| TASK |
What is needed here is an exact repetition of the records below, beginning at the line that has "advanced_by = c.advanced_by;" and stopping after the line that has "-- The loop over the registered".

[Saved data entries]
----------

-- ===== src/Core/Workflow/Resolution.antt =====
-- The resolution of a workflow's declaration into its graph: `Workflow._graph` of core/workflow.py
-- over the state classes of core/state.py. Classes are named by texts. A class that extends
-- `BaseState` alone, or several of the kinds, against what core/state.py says, has no kind here.
pub mod Registry
pub mod Closure
pub mod Edges
pub mod Tables
pub mod Start
pub mod Sound
pub mod Refusals
pub mod Ends
use panopticon_next.Base.{
  ℕ, zero, suc, ◌+◌, String, Bool, true, false, not, ◌&&◌, ◌||◌, Option, none, some, List, [], ◌∷◌,
  ◌++◌, Result, ok, err, ◌>>=◌, ◌>>◌, raise_if, or_raise, or_else, ◌==◌, if◌then◌else◌, is_some,
  is_given, contains, select, length, invalid_workflow, attribute_error, key_error, recursion_error,
}
use mathlib.Core.List.{reverse}
use panopticon_next.Base.Table.{Table, lookup, assign, values}
use panopticon_next.Core.Models.{Actor, Responsibility, complete_label, dropped_label}
use panopticon_next.Core.Workflow.{StateKind, StateClass, Graph, is_terminal_kind}

-- An entry of `transitions`, or the target of an operation: a class, a label, or something else.
pub data Target : Type 0 where
  a_class a_label : String → Target
  malformed : Target

-- A state class: its attributes, and `transitions` as each class of its method resolution order
-- below `State` declares them.
pub record StateDecl : Type 0 where
  pub label : Option String
  pub is_abstract : Bool
  pub kind : StateKind
  pub description : String
  pub turn_on_enter : Option Actor
  pub advanced_by : Actor
  pub responsibilities : List Responsibility
  pub declared : List (List Target)
  pub operations : Table Target

-- A workflow class: the state classes that its text names, those nested in it, and `initial`.
pub record WorkflowDecl : Type 0 where
  pub classes : Table StateDecl
  pub nested : List String
  pub initial : Target

abbrev pub complete_class : String
complete_class = "panopticon.core.state.Complete"

abbrev pub dropped_class : String
dropped_class = "panopticon.core.state.Dropped"

abbrev terminal_decl : String → String → StateDecl
terminal_decl label description = record {
  label = some label;
  is_abstract = false;
  kind = StateKind.terminal;
  description = description;
  turn_on_enter = some Actor.user;
  advanced_by = Actor.user;
  responsibilities = [];
  declared = [];
  operations = [];
}

-- What a name without a class would stand for, which the registration refuses.
abbrev no_decl : StateDecl
no_decl = record (terminal_decl "" "") { label = none; is_abstract = true }

abbrev pub class_of : WorkflowDecl → String → StateDecl
class_of d id =
    if id == dropped_class
    then terminal_decl dropped_label "The task was abandoned."
    else if id == complete_class
    then terminal_decl complete_label "The work has landed; the task is finished."
    else or_else (lookup id d.classes) no_decl

abbrev pub is_terminal_class : StateDecl → Bool
is_terminal_class c = is_terminal_kind c.kind

abbrev flatten : List (List Target) → List Target
flatten [] = []
flatten (ts ∷ rest) = ts ++ flatten rest

-- `_accumulated_transitions` of a class that is not terminal: `State` comes last and declares
-- DROPPED.
abbrev pub accumulated_transitions : StateDecl → List Target
accumulated_transitions c = flatten c.declared ++ a_class dropped_class ∷ []

-- `_nested_states`.
abbrev nested_states : WorkflowDecl → List String
nested_states d = select (λ id. not (class_of d id).is_abstract) d.nested

abbrev pub is_taken : Option String → String → Bool
is_taken none id = false
is_taken (some existing) id = not (existing == id)

abbrev pub label_or_empty : StateDecl → String
label_or_empty c = or_else c.label ""

-- The inner function `register`: labels to classes.
unfoldable pub register : WorkflowDecl → Table String → String → Result (Table String)
register d by_label id = do
  raise_if (class_of d id).is_abstract invalid_workflow
  raise_if (not (is_given (class_of d id).label)) invalid_workflow
  raise_if (is_taken (lookup (label_or_empty (class_of d id)) by_label) id) invalid_workflow
  ok (assign (label_or_empty (class_of d id)) id by_label)

unfoldable pub register_all : WorkflowDecl → Table String → List String → Result (Table String)
register_all d by_label [] = ok by_label
register_all d by_label (id ∷ ids) = do
  by_label' ← register d by_label id
  register_all d by_label' ids

-- The inner function `label_of`.
unfoldable pub label_of : WorkflowDecl → Table String → Target → Result (String × Table String)
label_of d by_label (a_label l) =
    if is_some (lookup l by_label) then ok (l, by_label) else err invalid_workflow
label_of d by_label malformed = err invalid_workflow
label_of d by_label (a_class id) = do
  by_label' ← register d by_label id
  ok (label_or_empty (class_of d id), by_label')

-- The loop over the targets of one class in the closure: a new class is pushed.
unfoldable pub scan :
    WorkflowDecl → List Target → Table String → List String → Result (Table String × List String)
scan d [] by_label pending = ok (by_label, pending)
scan d (a_class id ∷ ts) by_label pending = do
  label ← or_raise (class_of d id).label attribute_error
  by_label' ← register d by_label id
  scan d ts by_label' (if is_some (lookup label by_label) then pending else id ∷ pending)
scan d (a_label l ∷ ts) by_label pending = scan d ts by_label pending
scan d (malformed ∷ ts) by_label pending = scan d ts by_label pending

-- One round of the `while` loop, on the class that was popped. The last of the Python list is the
-- head here.
unfoldable pub round :
    WorkflowDecl
    → String
    → List String
    → Table String
    → List String
    → Result (Table String × List String)
round d id visited by_label pending =
    if contains visited id || is_terminal_class (class_of d id)
    then ok (by_label, pending)
    else scan d (accumulated_transitions (class_of d id)) by_label pending

unfoldable pub close :
    WorkflowDecl → ℕ → List String → Table String → List String → Result (Table String)
close d fuel visited by_label [] = ok by_label
close d zero visited by_label (id ∷ pending) = err recursion_error
close d (suc fuel) visited by_label (id ∷ pending) = do
  next ← round d id visited by_label pending
  close d fuel (id ∷ visited) next.0 next.1

-- `frozenset(label_of(t) for t in ...)`: the labels once each, in the order of their discovery.
unfoldable pub labels_of :
    WorkflowDecl → Table String → List Target → List String → Result (List String × Table String)
labels_of d by_label [] found = ok (found, by_label)
labels_of d by_label (t ∷ ts) found = do
  labelled ← label_of d by_label t
  labels_of d labelled.1 ts (if contains found labelled.0 then found else found ++ labelled.0 ∷ [])

abbrev pub state_of : StateDecl → StateClass
state_of c = record {
  kind = c.kind;
  description = c.description;
  turn_on_enter = c.turn_on_enter;
  advanced_by = c.advanced_by;
  responsibilities = c.responsibilities;
}

-- The edges of one class.
unfoldable pub destinations :
    WorkflowDecl → Table String → StateDecl → Result (List String × Table String)
destinations d by_label c =
    if is_terminal_class c
    then ok ([], by_label)
    else labels_of d by_label (accumulated_transitions c) []

pub record Materialized : Type 0 where
  pub states : Table StateClass
  pub transitions : Table (List String)
  pub by_label : Table String

-- The loop over the registered classes that builds `states` and `transitions`.
unfoldable pub materialize : WorkflowDecl → Table String → Table String → Result Materialized
materialize d [] by_label = ok (record { states = []; transitions = []; by_label = by_label })
materialize d ((label, id) ∷ rows) by_label = do
  raise_if (not (is_some (class_of d id).turn_on_enter)) invalid_workflow
  dests ← destinations d by_label (class_of d id)
  rest ← materialize d rows dests.1
  ok (record {
    states = (label, state_of (class_of d id)) ∷ rest.states;
    transitions = (label, dests.0) ∷ rest.transitions;
    by_label = rest.by_label;
  })

-- `target if isinstance(target, str) else target.label`.
abbrev pub operation_dest : WorkflowDecl → Target → Result String
operation_dest d (a_label l) = ok l
operation_dest d (a_class id) = or_raise (class_of d id).label attribute_error
operation_dest d malformed = err attribute_error

unfoldable pub declared_operations :
    WorkflowDecl → List String → Table Target → Table String → Result (Table String)
declared_operations d dests [] ops = ok ops
declared_operations d dests ((name, target) ∷ rest) ops = do
  dest ← operation_dest d target
  raise_if (not (contains dests dest)) invalid_workflow
  raise_if (name == "drop" && not (dest == dropped_label)) invalid_workflow
  declared_operations d dests rest (assign name dest ops)

abbrev pub only_forward : List String → Table String → Table String
only_forward (dest ∷ []) ops = assign "advance" dest ops
only_forward _ ops = ops

abbrev pub with_advance : List String → Table String → Table String
with_advance dests ops =
    if is_some (lookup "advance" ops)
    then ops
    else only_forward (select (λ dest. not (dest == dropped_label)) dests) ops

-- `ops.setdefault("drop", ...)`.
abbrev pub with_drop : Table String → Table String
with_drop ops = if is_some (lookup "drop" ops) then ops else assign "drop" dropped_label ops

-- `_resolve_operations`.
unfoldable pub resolve_operations : WorkflowDecl → StateDecl → List String → Result (Table String)
unfolding declared_operations
resolve_operations d c dests = if is_terminal_class c then ok [] else do
  ops ← declared_operations d dests c.operations []
  ok (with_drop (with_advance dests ops))

-- The operations of every state.
unfoldable pub all_operations :
    WorkflowDecl → Table String → Table (List String) → Result (Table (Table String))
all_operations d [] transitions = ok []
all_operations d ((label, id) ∷ rows) transitions = do
  dests ← or_raise (lookup label transitions) key_error
  ops ← resolve_operations d (class_of d id) dests
  rest ← all_operations d rows transitions
  ok ((label, ops) ∷ rest)

abbrev pub is_initial_state : StateClass → Bool
is_initial_state cls = elim cls.kind [ StateKind.initial ↦ true | _ ↦ false ]

-- The classes that are registered before the closure: the nested ones and the built-in terminals.
unfoldable pub initial_registry : WorkflowDecl → Result (Table String)
unfolding register_all
initial_registry d = register_all d [] (nested_states d ++ complete_class ∷ dropped_class ∷ [])

-- Every class is pushed once at most besides the first ones.
abbrev pub closure_fuel : WorkflowDecl → Table String → ℕ
closure_fuel d by_label = length by_label + length d.classes

unfoldable pub resolve_graph : WorkflowDecl → Result Graph
unfolding initial_registry close materialize all_operations label_of
resolve_graph d = do
  first ← initial_registry d
  by_label ← close d (closure_fuel d first) [] first (reverse (values first))
  m ← materialize d by_label by_label
  operations ← all_operations d by_label m.transitions
  initial ← label_of d m.by_label d.initial
  cls ← or_raise (lookup initial.0 m.states) key_error
  raise_if (not (is_initial_state cls)) invalid_workflow
  raise_if (not (is_some (lookup dropped_label m.states))) invalid_workflow
  ok (record {
    states = m.states;
    transitions = m.transitions;
    operations = operations;
    initial = initial.0;
  })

----------

| REPLY |
  advanced_by = c.advanced_by;
  responsibilities = c.responsibilities;
}

-- The edges of one class.
unfoldable pub destinations :
    WorkflowDecl → Table String → StateDecl → Result (List String × Table String)
destinations d by_label c =
    if is_terminal_class c
    then ok ([], by_label)
    else labels_of d by_label (accumulated_transitions c) []

pub record Materialized : Type 0 where
  pub states : Table StateClass
  pub transitions : Table (List String)
  pub by_label : Table String

-- The loop over the registered classes that builds `states` and `transitions`.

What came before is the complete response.